EXTRACTED MATERIAL
-- ===== src/Resolve/Tests.antt =====
-- Runs of installer/resolve.py on small catalogs, and the theorems at these inputs.
use tools_installer.Base.{
  ℕ, String, contains, true, false, not, none, some, is_some, List, [], ◌∷◌, ◌≡◌, refl, map, any,
  All, filter, IsSorted, of_key,
}
use tools_installer.Model.{
  Kind, script, apt, dnf, rpm_ostree, brew, cask, tarball, Value, Method, Tool, Priority, Audience,
  Tier,
}
use tools_installer.Platform.{Platform}
use tools_installer.Resolve.{applies, resolve_methods, rejection, with_brew, non_empty}
use tools_installer.Resolve.Reason.{UnavailableReason, unavailable_reason}
use tools_installer.Resolve.Ladder.{ladder, Suits, resolve_methods-ladder}
use tools_installer.Resolve.Parity.{Explains, rejection-Explains, unavailable_reason-exact}

abbrev method : Kind → List String → Method
method kind oses = record { kind = kind; params = []; os = oses; arch = [] }

abbrev tool_with : String → List Method → Tool
tool_with id methods = record {
  id = id;
  name = id;
  category = "dev";
  cmd = id;
  methods = methods;
  priority = Priority.p1;
  audience = Audience.both;
  tier = Tier.user;
  desc = "";
  requires = [];
  recommends = [];
  postinstall = none;
  post_install = [];
  default_enabled_sensitive_actions = [];
  owner_probes = [];
  config_paths = [];
  retired = false;
}

abbrev debian : Platform
debian = record {
  os = "debian";
  arch = "amd64";
  immutable = false;
  has_brew = false;
  os_version = none;
}

abbrev silverblue : Platform
silverblue = record {
  os = "fedora";
  arch = "amd64";
  immutable = true;
  has_brew = false;
  os_version = none;
}

abbrev sonoma : Platform
sonoma = record {
  os = "macos";
  arch = "arm64";
  immutable = false;
  has_brew = false;
  os_version = some "14.2";
}

abbrev ripgrep : Tool
ripgrep = tool_with "ripgrep" (
    method brew []
    ∷ method apt []
    ∷ method tarball ("macos" ∷ [])
    ∷ method script []
    ∷ method dnf []
    ∷ [])

abbrev floored : Tool
floored = tool_with "iterm" (
    record { kind = cask; params = ("min_os_version", Value.str "15") ∷ []; os = []; arch = [] }
    ∷ [])

abbrev layered : Tool
layered = tool_with "podman" (method dnf [] ∷ method rpm_ostree [] ∷ [])

abbrev kinds : List Method → List Kind
kinds ms = map (λ m. m.kind) ms

on_debian : kinds (resolve_methods ripgrep debian) ≡ script ∷ apt ∷ []
unfolding resolve_methods contains
on_debian = refl

on_macos : kinds (resolve_methods ripgrep (with_brew sonoma)) ≡ script ∷ tarball ∷ brew ∷ []
unfolding resolve_methods with_brew contains
on_macos = refl

too_old :
    unavailable_reason floored sonoma
    ≡ some (record { short = "needs macOS 15+"; detail = "iterm needs macOS 15 or newer." })
unfolding unavailable_reason with_brew
too_old = refl

layered_host :
    unavailable_reason layered silverblue
    ≡ some (record {
      short = "immutable host";
      detail =
          "podman only declares native package-manager methods (dnf/rpm_ostree), which this installer skips on an immutable (ostree) host.";
    })
unfolding unavailable_reason with_brew
layered_host = refl

elsewhere :
    unavailable_reason layered debian
    ≡ some (record {
      short = "no method applies here: debian not supported; immutable host";
      detail = "no method applies here: debian not supported; immutable host";
    })
unfolding unavailable_reason with_brew
elsewhere = refl

resolve_methods-ladder_example :
    All (Suits debian) (resolve_methods ripgrep debian)
    × IsSorted ladder (resolve_methods ripgrep debian)
    × ((k : ℕ)
        → of_key ladder k (resolve_methods ripgrep debian)
          ≡ of_key ladder k (filter (λ m. applies m debian) ripgrep.methods))
resolve_methods-ladder_example = resolve_methods-ladder ripgrep debian

rejection-Explains_example :
    Explains (rejection (method dnf []) (with_brew silverblue)) (method dnf []) silverblue
unfolding applies with_brew
rejection-Explains_example = rejection-Explains (method dnf []) silverblue refl

unavailable_reason-exact_example :
    (is_some (unavailable_reason layered silverblue)
      ≡ not (any (λ m. applies m (with_brew silverblue)) layered.methods))
    × (non_empty (resolve_methods layered silverblue) ≡ true
        → unavailable_reason layered silverblue ≡ none)
    × ((reason : UnavailableReason)
        → unavailable_reason layered silverblue ≡ some reason
        → All (λ m. Explains (rejection m (with_brew silverblue)) m silverblue) layered.methods)
unavailable_reason-exact_example = unavailable_reason-exact layered silverblue
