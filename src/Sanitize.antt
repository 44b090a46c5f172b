-- ===== src/Sanitize.antt =====
-- installer/sanitize.py: what is taken out of a child process's output before a terminal shows it.
-- A text is the list of its code points.
mod Safe
mod Tests
use tools_installer.Base.{ℕ, Bool, not, ◌&&◌, ◌||◌, List, filter, leb, eqb}

-- `ord(ch) != _DEL and (ord(ch) >= 32 or ord(ch) in _C0_KEEP)`
unfoldable pub is_shown : ℕ → Bool
is_shown c = not (eqb c 127) && (leb 32 c || eqb c 9 || eqb c 10)

unfoldable pub sanitize_log_line : List ℕ → List ℕ
unfolding is_shown
sanitize_log_line text = filter is_shown text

DIRECTIONS FOR THIS TASK
Please give the listing above once more, word for word.

RESPONSE BELOW
-- ===== src/Resolve/Tests.antt =====
-- Runs of installer/resolve.py on small catalogs, and the theorems at these inputs.
use tools_installer.Base.{
  ℕ, String, contains, true, false, not, none, some, is_some, List, [], ◌∷◌, ◌≡◌, refl, map, any,
  All, filter, IsSorted, of_key,
}
use tools_installer.Model.{
  Kind, script, apt, dnf, rpm_ostree, brew, cask, tarball, Value, Method, Tool, Priority, Audience,
  Tier,
}
use tools_installer.Platform.{Platform}
use tools_installer.Resolve.{applies, resolve_methods, rejection, with_brew, non_empty}
use tools_installer.Resolve.Reason.{UnavailableReason, unavailable_reason}
use tools_installer.Resolve.Ladder.{ladder, Suits, resolve_methods-ladder}
use tools_installer.Resolve.Parity.{Explains, rejection-Explains, unavailable_reason-exact}

abbrev method : Kind → List String → Method
method kind oses = record { kind = kind; params = []; os = oses; arch = [] }

abbrev tool_with : String → List Method → Tool
tool_with id methods = record {
  id = id;
  name = id;
  category = "dev";
  cmd = id;
  methods = methods;
  priority = Priority.p1;
  audience = Audience.both;
  tier = Tier.user;
  desc = "";
  requires = [];
  recommends = [];
  postinstall = none;
  post_install = [];
  default_enabled_sensitive_actions = [];
  owner_probes = [];
  config_paths = [];
  retired = false;
}

abbrev debian : Platform
debian = record {
  os = "debian";
  arch = "amd64";
  immutable = false;
  has_brew = false;
  os_version = none;
}

abbrev silverblue : Platform
silverblue = record {
  os = "fedora";
  arch = "amd64";
  immutable = true;
  has_brew = false;
  os_version = none;
}

abbrev sonoma : Platform
sonoma = record {
  os = "macos";
  arch = "arm64";
  immutable = false;
  has_brew = false;
  os_version = some "14.2";
}

abbrev ripgrep : Tool
ripgrep = tool_with "ripgrep" (
    method brew []
    ∷ method apt []
    ∷ method tarball ("macos" ∷ [])
    ∷ method script []
    ∷ method dnf []
    ∷ [])

abbrev floored : Tool
floored = tool_with "iterm" (
    record { kind = cask; params = ("min_os_version", Value.str "15") ∷ []; os = []; arch = [] }
    ∷ [])

abbrev layered : Tool
layered = tool_with "podman" (method dnf [] ∷ method rpm_ostree [] ∷ [])

abbrev kinds : List Method → List Kind
kinds ms = map (λ m. m.kind) ms

on_debian : kinds (resolve_methods ripgrep debian) ≡ script ∷ apt ∷ []
unfolding resolve_methods contains
on_debian = refl

on_macos : kinds (resolve_methods ripgrep (with_brew sonoma)) ≡ script ∷ tarball ∷ brew ∷ []
unfolding resolve_methods with_brew contains
on_macos = refl

too_old :
    unavailable_reason floored sonoma
    ≡ some (record { short = "needs macOS 15+"; detail = "iterm needs macOS 15 or newer." })
unfolding unavailable_reason with_brew
too_old = refl

layered_host :
    unavailable_reason layered silverblue
    ≡ some (record {
      short = "immutable host";
      detail =
          "podman only declares native package-manager methods (dnf/rpm_ostree), which this installer skips on an immutable (ostree) host.";
    })
unfolding unavailable_reason with_brew
layered_host = refl

elsewhere :
    unavailable_reason layered debian
    ≡ some (record {
      short = "no method applies here: debian not supported; immutable host";
      detail = "no method applies here: debian not supported; immutable host";
    })
unfolding unavailable_reason with_brew
elsewhere = refl

resolve_methods-ladder_example :
    All (Suits debian) (resolve_methods ripgrep debian)
    × IsSorted ladder (resolve_methods ripgrep debian)
    × ((k : ℕ)
        → of_key ladder k (resolve_methods ripgrep debian)
          ≡ of_key ladder k (filter (λ m. applies m debian) ripgrep.methods))
resolve_methods-ladder_example = resolve_methods-ladder ripgrep debian

rejection-Explains_example :
    Explains (rejection (method dnf []) (with_brew silverblue)) (method dnf []) silverblue
unfolding applies with_brew
rejection-Explains_example = rejection-Explains (method dnf []) silverblue refl

unavailable_reason-exact_example :
    (is_some (unavailable_reason layered silverblue)
      ≡ not (any (λ m. applies m (with_brew silverblue)) layered.methods))
    × (non_empty (resolve_methods layered silverblue) ≡ true
        → unavailable_reason layered silverblue ≡ none)
    × ((reason : UnavailableReason)
        → unavailable_reason layered silverblue ≡ some reason
        → All (λ m. Explains (rejection m (with_brew silverblue)) m silverblue) layered.methods)
unavailable_reason-exact_example = unavailable_reason-exact layered silverblue
filename src/Sanitize.antt
repository 44b090a46c5f172b
-- ===== src/Sanitize.antt =====
-- installer/sanitize.py: what is taken out of a child process's output before a terminal shows it.
-- A text is the list of its code points.
mod Safe
mod Tests
use tools_installer.Base.{ℕ, Bool, not, ◌&&◌, ◌||◌, List, filter, leb, eqb}

-- `ord(ch) != _DEL and (ord(ch) >= 32 or ord(ch) in _C0_KEEP)`
unfoldable pub is_shown : ℕ → Bool
is_shown c = not (eqb c 127) && (leb 32 c || eqb c 9 || eqb c 10)

unfoldable pub sanitize_log_line : List ℕ → List ℕ
unfolding is_shown
sanitize_log_line text = filter is_shown text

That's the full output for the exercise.